In the mean time, the Saharawis themselves and private initiatives such as the “Be Their Voice” –programme, which runs small-scale family gardens, have attempted to fill the gap left by the UN. But as the Saharawis are strapped for cash and NGO-driven programmes rely mostly on private donations to a mostly unknown refugee crisis, the capacity and scope of such projects is by no means sufficient.

Read More:

Willem Van Cotthem’s website

The case for Western Saharan independence

How to rehabilitate an argan forest ?

Photo credit: WVC 2007-04 Oued Elmaa WVC  Ar#99EA1 copy

Argan forest in the Tindouf area (S.W. Algeria)

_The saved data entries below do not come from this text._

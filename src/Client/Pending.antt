-- ===== src/Client/Pending.antt =====
-- The pending account updates of a client: how many there can be, and when there are none.
use solana_indexer_plugin.Base.{
  ℕ, ◌<◌, false, String, Option, none, List, [], ◌∷◌, ◌++◌, length, ◌≡◌, ◌⊎◌, inl, inr, refl, ◌∙◌,
  arith, Option-cases, as_u64,
}
use solana_indexer_plugin.Errors.{ok, err, panic}
use solana_indexer_plugin.Account.{DbAccountInfo}
use solana_indexer_plugin.Block.{DbBlockInfo}
use solana_indexer_plugin.Transaction.{DbTransaction}
use solana_indexer_plugin.Crates.{Crates, SlotStatus, rooted}
use solana_indexer_plugin.Database.{Database}
use solana_indexer_plugin.Sql.{Statement}
use solana_indexer_plugin.Slot.{update_slot}
use solana_indexer_plugin.Client.{
  SimplePostgresClient, Reply, execute_query, flush, update_at_startup, update_later,
  update_account, update_slot_status, flush_slots, then_slots, notify_end_of_startup,
  log_transaction, update_block_metadata, batch_query, later, insert_slot,
}

-- A client between calls holds fewer updates than a batch has, or none.
abbrev pub IsBelowBatch : SimplePostgresClient → Type 0
IsBelowBatch c =
    (c.pending_account_updates ≡ []) ⊎ (length c.pending_account_updates < c.batch_size)

-- The client that has taken one more account.
abbrev pub with_account : DbAccountInfo → SimplePostgresClient → SimplePostgresClient
with_account account c = record c {
  slots_at_startup = insert_slot (as_u64 account.slot) c.slots_at_startup;
  pending_account_updates = c.pending_account_updates ++ (account ∷ []);
}

module _ (X : Crates) (D : Database) where
  client-execute_query :
      (prefix : String) (query : List Statement) (c : SimplePostgresClient) (db : D.State)
      → (execute_query X D prefix query c db).1 ≡ c
  unfolding execute_query
  client-execute_query prefix query c db = ground arith

  pub client-flush :
      (prefix : String) (now : ℕ → String) (c : SimplePostgresClient) (db : D.State)
      → (flush X D prefix now c db).1 ≡ record c { pending_account_updates = [] }
  unfolding flush
  client-flush prefix now c db =
      elim (Option-cases
        (batch_query X c.account_handlers c.account_selector now c.pending_account_updates)) [
          | inl e ↦ rw (e, flush) refl
          | inr (q, e) ↦
              rw (e, flush)
                (client-execute_query prefix q (record c { pending_account_updates = [] }) db)
        ]

  client-flush_slots :
      (now : ℕ → String) (slots : List ℕ) (c : SimplePostgresClient) (db : D.State)
      → (flush_slots X D now slots c db).1 ≡ c
  unfolding flush_slots
  client-flush_slots now [] c db = refl
  client-flush_slots now (s ∷ slots) c db = ground (
    arith,
    client-flush_slots (later 1 now) slots c
        (D.batch_execute (update_slot X (now 0) s none rooted ∷ []) db).1,
  )

  client-then_slots : (now : ℕ → String) (r : Reply X D) → (then_slots X D now r).1 ≡ r.1
  unfolding then_slots
  client-then_slots now (ok _, c, db) = client-flush_slots now c.slots_at_startup c db
  client-then_slots now (err e, c, db) = refl
  client-then_slots now (panic, c, db) = refl

  -- A client that was told of the end of startup is as before, less its pending updates, however
  -- the call ends.
  pub client-notify_end_of_startup :
      (now slot_now : ℕ → String) (c : SimplePostgresClient) (db : D.State)
      → (notify_end_of_startup X D now slot_now c db).1 ≡ record c { pending_account_updates = [] }
  unfolding notify_end_of_startup
  client-notify_end_of_startup now slot_now c db =
      client-then_slots slot_now _ ∙ client-flush _ now c db

  client-update_later :
      (now : ℕ → String) (account : DbAccountInfo) (c : SimplePostgresClient) (db : D.State)
      → (update_later X D now account c db).1 ≡ c
  unfolding update_later execute_query
  client-update_later now account c db = ground arith

  -- Only an account update at startup changes the client.
  pub client-update_account :
      (now : ℕ → String) (account : DbAccountInfo) (c : SimplePostgresClient) (db : D.State)
      → (update_account X D now account false c db).1 ≡ c
  unfolding update_account
  client-update_account now account c db = client-update_later now account c db

  pub client-update_slot_status :
      (now : String) (slot : ℕ) (parent : Option ℕ) (status : SlotStatus) (c : SimplePostgresClient)
      (db : D.State)
      → (update_slot_status X D now slot parent status c db).1 ≡ c
  unfolding update_slot_status execute_query
  client-update_slot_status now slot parent status c db = ground arith

  pub client-log_transaction :
      (now : String) (info : DbTransaction) (c : SimplePostgresClient) (db : D.State)
      → (log_transaction X D now info c db).1 ≡ c
  unfolding log_transaction
  client-log_transaction now info c db = ground arith

  pub client-update_block_metadata :
      (now : String) (info : DbBlockInfo) (c : SimplePostgresClient) (db : D.State)
      → (update_block_metadata X D now info c db).1 ≡ c
  unfolding update_block_metadata
  client-update_block_metadata now info c db = ground arith

  -- One more update at startup leaves the client below its batch again, and the batch size as it was,
  -- however the flush ends.
  pub update_at_startup-IsBelowBatch :
      (now : ℕ → String) (account : DbAccountInfo) (c : SimplePostgresClient) (db : D.State)
      → IsBelowBatch (update_at_startup X D now account c db).1
        × ((update_at_startup X D now account c db).1.batch_size ≡ c.batch_size)
  unfolding update_at_startup
  update_at_startup-IsBelowBatch now account c db =
      ground (arith, client-flush "[update_account_batch] error=[" now (with_account account c) db)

Rehabilitation of Tindouf argan forest and reforestation outside by seeds propagation and effect of interactions with mycorrhizal fungi on growth of the argan seedlings (Argania spinosa (L.) Skeels) in Algeria

by Benaouf ZohraMiloudi Ali and Kechairi Reda

in  International Journal of Innovative and Applied Research (2014), Volume 2, Issue (7): 32- 40

ISSN 2348– 0319
Abstract:
The Argan tree, being a xerophytic species, observed in the semi-arid and dry floor, presents specific ecological characteristics and numerous interests (forest, fodder, and fruit). The study concerns the highlighting of endomycorrhizal associations of the Argan tree (Argania spinosa (L.) Skeels) of Tindouf (southwest of Algeria).
Photo WVC 2007-04 Oued Elmaa WVC Ar#99EAE copy.jpg
Photo WVC 2007-04 Oued Elmaa WVC Ar#99EAE copy.jpg
This tree is an endemic forest gasoline of the Algerian southwest. According to the technique of tint in the acid fuschine indicates the presence of endomycorhiza to vesicles and to arbuscular.
Photo WVC  2007-04 Oued Elmaa WVC Ar#99EBE copy.jpg
Photo WVC 2007-04 Oued Elmaa WVC Ar#99EBE copy.jpg
The results show an increase of 70.5 ± 1.35cm from the average stem height, with high average number of branches of 1st and 2nd order reach 23.71 ± 0.97 and15.37 ± 1, 19 respectively and 52.36 ± 1.08 cm in average root length, with high average number of secondary roots reach brown 32.56 ± 1.45.
Photo WVC  2007-04 Oued Elmaa WVC Ar#99EC9 copy.jpg
Photo WVC 2007-04 Oued Elmaa WVC Ar#99EC9 copy.jpg
Similarly, ground biomass is increased by 11.45 ± 1.47 and root biomass of 7.47 ±0.52 in plants inoculated (mycorrhizal) against by the non-inoculated control plants were recorded as the values of the low plants inoculated values of the average stem height, average number of branches of 1st and 2nd order.
The average root length, the average number of secondary roots, respectively about 40.4 ± 0.44 cm, 07, 65 ± 0.71, 0,35.58 ± 0.92 cm, 13.83 ± 1.04. Even the root and shoot biomass recorded values within the range of 7.53 ± 0.86 and4.25 ± 0.48 respectively.
Photo WVcC2007-04 Oued Elmaa WVC Ar#99EC5 copy.jpg
Photo WVcC2007-04 Oued Elmaa WVC Ar#99EC5 copy.jpg
The index of relative mycorrhizal dependency (IRMD) is 45.77%. Under the effect ofmycorrhiza, the average air ratios parties / party root password from 1.05 to 1.50, indicating a greater efficiency of mycorrhizal root systems. As for the interest of the mycorrhizal symbiosis to the Argan tree, the mycorhization checked by an origin selected by endomycorrhizal mushroom was translated by a very positive effect on the growth of young seedlings of the Argan tree inoculated versus the non-inoculated seedlings.